[EXTRACTED RECORDS]
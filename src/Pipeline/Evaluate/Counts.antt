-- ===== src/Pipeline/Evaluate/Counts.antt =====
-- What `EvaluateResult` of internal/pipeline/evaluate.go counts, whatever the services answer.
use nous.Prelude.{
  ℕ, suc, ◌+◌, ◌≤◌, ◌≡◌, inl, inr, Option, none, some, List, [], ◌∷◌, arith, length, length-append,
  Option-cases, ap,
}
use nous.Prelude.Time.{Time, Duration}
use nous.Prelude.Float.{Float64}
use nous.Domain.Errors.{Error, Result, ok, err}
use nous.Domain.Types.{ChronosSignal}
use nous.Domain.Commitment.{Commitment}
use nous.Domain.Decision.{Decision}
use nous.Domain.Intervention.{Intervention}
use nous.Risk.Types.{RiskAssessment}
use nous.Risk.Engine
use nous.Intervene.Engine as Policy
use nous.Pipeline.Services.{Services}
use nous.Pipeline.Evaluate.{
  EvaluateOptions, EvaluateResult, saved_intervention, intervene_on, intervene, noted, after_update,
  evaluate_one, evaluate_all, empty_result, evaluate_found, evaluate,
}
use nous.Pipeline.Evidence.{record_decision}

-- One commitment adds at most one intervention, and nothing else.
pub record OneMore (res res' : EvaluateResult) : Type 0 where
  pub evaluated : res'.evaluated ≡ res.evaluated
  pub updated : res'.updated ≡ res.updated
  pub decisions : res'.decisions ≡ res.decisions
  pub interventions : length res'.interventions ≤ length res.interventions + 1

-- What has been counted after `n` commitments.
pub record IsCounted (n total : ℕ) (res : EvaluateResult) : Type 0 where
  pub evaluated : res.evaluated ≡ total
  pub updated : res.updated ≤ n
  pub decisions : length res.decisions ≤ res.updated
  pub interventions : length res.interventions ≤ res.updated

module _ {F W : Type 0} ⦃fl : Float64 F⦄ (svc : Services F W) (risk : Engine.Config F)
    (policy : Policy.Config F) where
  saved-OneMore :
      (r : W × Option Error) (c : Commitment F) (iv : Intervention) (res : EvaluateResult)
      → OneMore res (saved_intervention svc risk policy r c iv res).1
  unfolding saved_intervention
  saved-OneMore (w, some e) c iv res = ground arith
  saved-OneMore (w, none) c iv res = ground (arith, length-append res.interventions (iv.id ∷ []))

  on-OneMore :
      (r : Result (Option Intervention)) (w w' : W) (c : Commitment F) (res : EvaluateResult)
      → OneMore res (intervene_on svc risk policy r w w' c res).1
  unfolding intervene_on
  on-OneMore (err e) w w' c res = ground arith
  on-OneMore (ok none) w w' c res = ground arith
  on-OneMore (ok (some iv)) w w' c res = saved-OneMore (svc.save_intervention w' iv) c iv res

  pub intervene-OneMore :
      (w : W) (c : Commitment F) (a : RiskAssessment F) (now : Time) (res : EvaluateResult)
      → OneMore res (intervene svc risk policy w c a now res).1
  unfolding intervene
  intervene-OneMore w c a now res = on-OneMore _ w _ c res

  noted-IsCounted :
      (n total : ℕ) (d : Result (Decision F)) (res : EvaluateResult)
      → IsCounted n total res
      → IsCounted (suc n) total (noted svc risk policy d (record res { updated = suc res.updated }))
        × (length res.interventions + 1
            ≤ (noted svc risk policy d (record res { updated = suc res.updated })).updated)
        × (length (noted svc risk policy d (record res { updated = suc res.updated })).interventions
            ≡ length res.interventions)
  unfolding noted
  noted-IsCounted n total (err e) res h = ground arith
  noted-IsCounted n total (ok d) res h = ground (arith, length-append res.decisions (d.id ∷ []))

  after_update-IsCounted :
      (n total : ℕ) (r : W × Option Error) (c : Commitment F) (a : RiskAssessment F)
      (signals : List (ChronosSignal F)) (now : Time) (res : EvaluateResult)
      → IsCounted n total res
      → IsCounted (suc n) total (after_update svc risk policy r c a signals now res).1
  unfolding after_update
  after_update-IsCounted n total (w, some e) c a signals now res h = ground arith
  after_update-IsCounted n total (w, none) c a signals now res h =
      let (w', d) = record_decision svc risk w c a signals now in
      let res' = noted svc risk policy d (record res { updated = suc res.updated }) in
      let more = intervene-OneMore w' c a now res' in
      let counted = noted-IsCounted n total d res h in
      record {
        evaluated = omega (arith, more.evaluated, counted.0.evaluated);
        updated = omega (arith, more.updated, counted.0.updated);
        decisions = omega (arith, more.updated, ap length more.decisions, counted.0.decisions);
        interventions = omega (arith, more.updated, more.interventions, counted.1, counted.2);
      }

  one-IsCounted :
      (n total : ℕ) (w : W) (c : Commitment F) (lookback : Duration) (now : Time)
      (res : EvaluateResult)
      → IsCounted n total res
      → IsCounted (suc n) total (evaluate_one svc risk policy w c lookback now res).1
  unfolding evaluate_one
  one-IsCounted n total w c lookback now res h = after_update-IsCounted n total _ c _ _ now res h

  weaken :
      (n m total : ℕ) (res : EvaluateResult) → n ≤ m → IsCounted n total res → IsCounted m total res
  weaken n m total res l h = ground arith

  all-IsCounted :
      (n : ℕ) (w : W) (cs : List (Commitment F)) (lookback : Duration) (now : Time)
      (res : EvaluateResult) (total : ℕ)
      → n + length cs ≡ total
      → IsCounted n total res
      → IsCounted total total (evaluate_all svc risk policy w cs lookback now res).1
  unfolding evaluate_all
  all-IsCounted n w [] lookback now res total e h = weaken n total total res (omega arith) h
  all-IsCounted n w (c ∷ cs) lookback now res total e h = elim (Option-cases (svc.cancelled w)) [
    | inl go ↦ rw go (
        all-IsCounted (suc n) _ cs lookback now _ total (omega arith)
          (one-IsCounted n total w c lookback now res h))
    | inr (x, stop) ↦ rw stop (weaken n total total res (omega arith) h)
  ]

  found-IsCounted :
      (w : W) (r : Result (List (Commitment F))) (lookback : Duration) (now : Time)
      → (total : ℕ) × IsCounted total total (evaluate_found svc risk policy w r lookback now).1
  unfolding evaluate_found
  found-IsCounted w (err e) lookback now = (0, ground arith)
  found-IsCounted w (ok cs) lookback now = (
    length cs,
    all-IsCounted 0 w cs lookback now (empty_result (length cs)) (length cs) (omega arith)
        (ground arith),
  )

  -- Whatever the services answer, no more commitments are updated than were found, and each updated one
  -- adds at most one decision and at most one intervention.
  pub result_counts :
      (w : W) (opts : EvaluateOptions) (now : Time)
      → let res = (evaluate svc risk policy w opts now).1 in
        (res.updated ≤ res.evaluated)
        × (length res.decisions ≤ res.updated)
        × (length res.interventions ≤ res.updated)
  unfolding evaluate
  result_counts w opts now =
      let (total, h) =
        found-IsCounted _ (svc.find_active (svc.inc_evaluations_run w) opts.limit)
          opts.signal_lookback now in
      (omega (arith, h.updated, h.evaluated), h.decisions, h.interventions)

[WHAT NEEDS TO BE DONE] In the answer, every line above should be retyped exactly.

[RESPONSE TO THIS EXERCISE]
filename src/Pipeline/Evaluate/Counts.antt
-- ===== src/Pipeline/Evaluate/Counts.antt =====
-- What `EvaluateResult` of internal/pipeline/evaluate.go counts, whatever the services answer.
use nous.Prelude.{
  ℕ, suc, ◌+◌, ◌≤◌, ◌≡◌, inl, inr, Option, none, some, List, [], ◌∷◌, arith, length, length-append,
  Option-cases, ap,
}
use nous.Prelude.Time.{Time, Duration}
use nous.Prelude.Float.{Float64}
use nous.Domain.Errors.{Error, Result, ok, err}
use nous.Domain.Types.{ChronosSignal}
use nous.Domain.Commitment.{Commitment}
use nous.Domain.Decision.{Decision}
use nous.Domain.Intervention.{Intervention}
use nous.Risk.Types.{RiskAssessment}
use nous.Risk.Engine
use nous.Intervene.Engine as Policy
use nous.Pipeline.Services.{Services}
use nous.Pipeline.Evaluate.{
  EvaluateOptions, EvaluateResult, saved_intervention, intervene_on, intervene, noted, after_update,
  evaluate_one, evaluate_all, empty_result, evaluate_found, evaluate,
}
use nous.Pipeline.Evidence.{record_decision}

-- One commitment adds at most one intervention, and nothing else.
pub record OneMore (res res' : EvaluateResult) : Type 0 where
  pub evaluated : res'.evaluated ≡ res.evaluated
  pub updated : res'.updated ≡ res.updated
  pub decisions : res'.decisions ≡ res.decisions
  pub interventions : length res'.interventions ≤ length res.interventions + 1

-- What has been counted after `n` commitments.
pub record IsCounted (n total : ℕ) (res : EvaluateResult) : Type 0 where
  pub evaluated : res.evaluated ≡ total
  pub updated : res.updated ≤ n
  pub decisions : length res.decisions ≤ res.updated
  pub interventions : length res.interventions ≤ res.updated

module _ {F W : Type 0} ⦃fl : Float64 F⦄ (svc : Services F W) (risk : Engine.Config F)
    (policy : Policy.Config F) where
  saved-OneMore :
      (r : W × Option Error) (c : Commitment F) (iv : Intervention) (res : EvaluateResult)
      → OneMore res (saved_intervention svc risk policy r c iv res).1
  unfolding saved_intervention
  saved-OneMore (w, some e) c iv res = ground arith
  saved-OneMore (w, none) c iv res = ground (arith, length-append res.interventions (iv.id ∷ []))

  on-OneMore :
      (r : Result (Option Intervention)) (w w' : W) (c : Commitment F) (res : EvaluateResult)
      → OneMore res (intervene_on svc risk policy r w w' c res).1
  unfolding intervene_on
  on-OneMore (err e) w w' c res = ground arith
  on-OneMore (ok none) w w' c res = ground arith
  on-OneMore (ok (some iv)) w w' c res = saved-OneMore (svc.save_intervention w' iv) c iv res

  pub intervene-OneMore :
      (w : W) (c : Commitment F) (a : RiskAssessment F) (now : Time) (res : EvaluateResult)
      → OneMore res (intervene svc risk policy w c a now res).1
  unfolding intervene
  intervene-OneMore w c a now res = on-OneMore _ w _ c res

  noted-IsCounted :
      (n total : ℕ) (d : Result (Decision F)) (res : EvaluateResult)
      → IsCounted n total res
      → IsCounted (suc n) total (noted svc risk policy d (record res { updated = suc res.updated }))
        × (length res.interventions + 1
            ≤ (noted svc risk policy d (record res { updated = suc res.updated })).updated)
        × (length (noted svc risk policy d (record res { updated = suc res.updated })).interventions
            ≡ length res.interventions)
  unfolding noted
  noted-IsCounted n total (err e) res h = ground arith
  noted-IsCounted n total (ok d) res h = ground (arith, length-append res.decisions (d.id ∷ []))

  after_update-IsCounted :
      (n total : ℕ) (r : W × Option Error) (c : Commitment F) (a : RiskAssessment F)
      (signals : List (ChronosSignal F)) (now : Time) (res : EvaluateResult)
      → IsCounted n total res
      → IsCounted (suc n) total (after_update svc risk policy r c a signals now res).1
  unfolding after_update
  after_update-IsCounted n total (w, some e) c a signals now res h = ground arith
  after_update-IsCounted n total (w, none) c a signals now res h =
      let (w', d) = record_decision svc risk w c a signals now in
      let res' = noted svc risk policy d (record res { updated = suc res.updated }) in
      let more = intervene-OneMore w' c a now res' in
      let counted = noted-IsCounted n total d res h in
      record {
        evaluated = omega (arith, more.evaluated, counted.0.evaluated);
        updated = omega (arith, more.updated, counted.0.updated);
        decisions = omega (arith, more.updated, ap length more.decisions, counted.0.decisions);
        interventions = omega (arith, more.updated, more.interventions, counted.1, counted.2);
      }

  one-IsCounted :
      (n total : ℕ) (w : W) (c : Commitment F) (lookback : Duration) (now : Time)
      (res : EvaluateResult)
      → IsCounted n total res
      → IsCounted (suc n) total (evaluate_one svc risk policy w c lookback now res).1
  unfolding evaluate_one
  one-IsCounted n total w c lookback now res h = after_update-IsCounted n total _ c _ _ now res h

  weaken :
      (n m total : ℕ) (res : EvaluateResult) → n ≤ m → IsCounted n total res → IsCounted m total res
  weaken n m total res l h = ground arith

  all-IsCounted :
      (n : ℕ) (w : W) (cs : List (Commitment F)) (lookback : Duration) (now : Time)
      (res : EvaluateResult) (total : ℕ)
      → n + length cs ≡ total
      → IsCounted n total res
      → IsCounted total total (evaluate_all svc risk policy w cs lookback now res).1
  unfolding evaluate_all
  all-IsCounted n w [] lookback now res total e h = weaken n total total res (omega arith) h
  all-IsCounted n w (c ∷ cs) lookback now res total e h = elim (Option-cases (svc.cancelled w)) [
    | inl go ↦ rw go (
        all-IsCounted (suc n) _ cs lookback now _ total (omega arith)
          (one-IsCounted n total w c lookback now res h))
    | inr (x, stop) ↦ rw stop (weaken n total total res (omega arith) h)
  ]

  found-IsCounted :
      (w : W) (r : Result (List (Commitment F))) (lookback : Duration) (now : Time)
      → (total : ℕ) × IsCounted total total (evaluate_found svc risk policy w r lookback now).1
  unfolding evaluate_found
  found-IsCounted w (err e) lookback now = (0, ground arith)
  found-IsCounted w (ok cs) lookback now = (
    length cs,
    all-IsCounted 0 w cs lookback now (empty_result (length cs)) (length cs) (omega arith)
        (ground arith),
  )

  -- Whatever the services answer, no more commitments are updated than were found, and each updated one
  -- adds at most one decision and at most one intervention.
  pub result_counts :
      (w : W) (opts : EvaluateOptions) (now : Time)
      → let res = (evaluate svc risk policy w opts now).1 in
        (res.updated ≤ res.evaluated)
        × (length res.decisions ≤ res.updated)
        × (length res.interventions ≤ res.updated)
  unfolding evaluate
  result_counts w opts now =
      let (total, h) =
        found-IsCounted _ (svc.find_active (svc.inc_evaluations_run w) opts.limit)
          opts.signal_lookback now in
      (omega (arith, h.updated, h.evaluated), h.decisions, h.interventions)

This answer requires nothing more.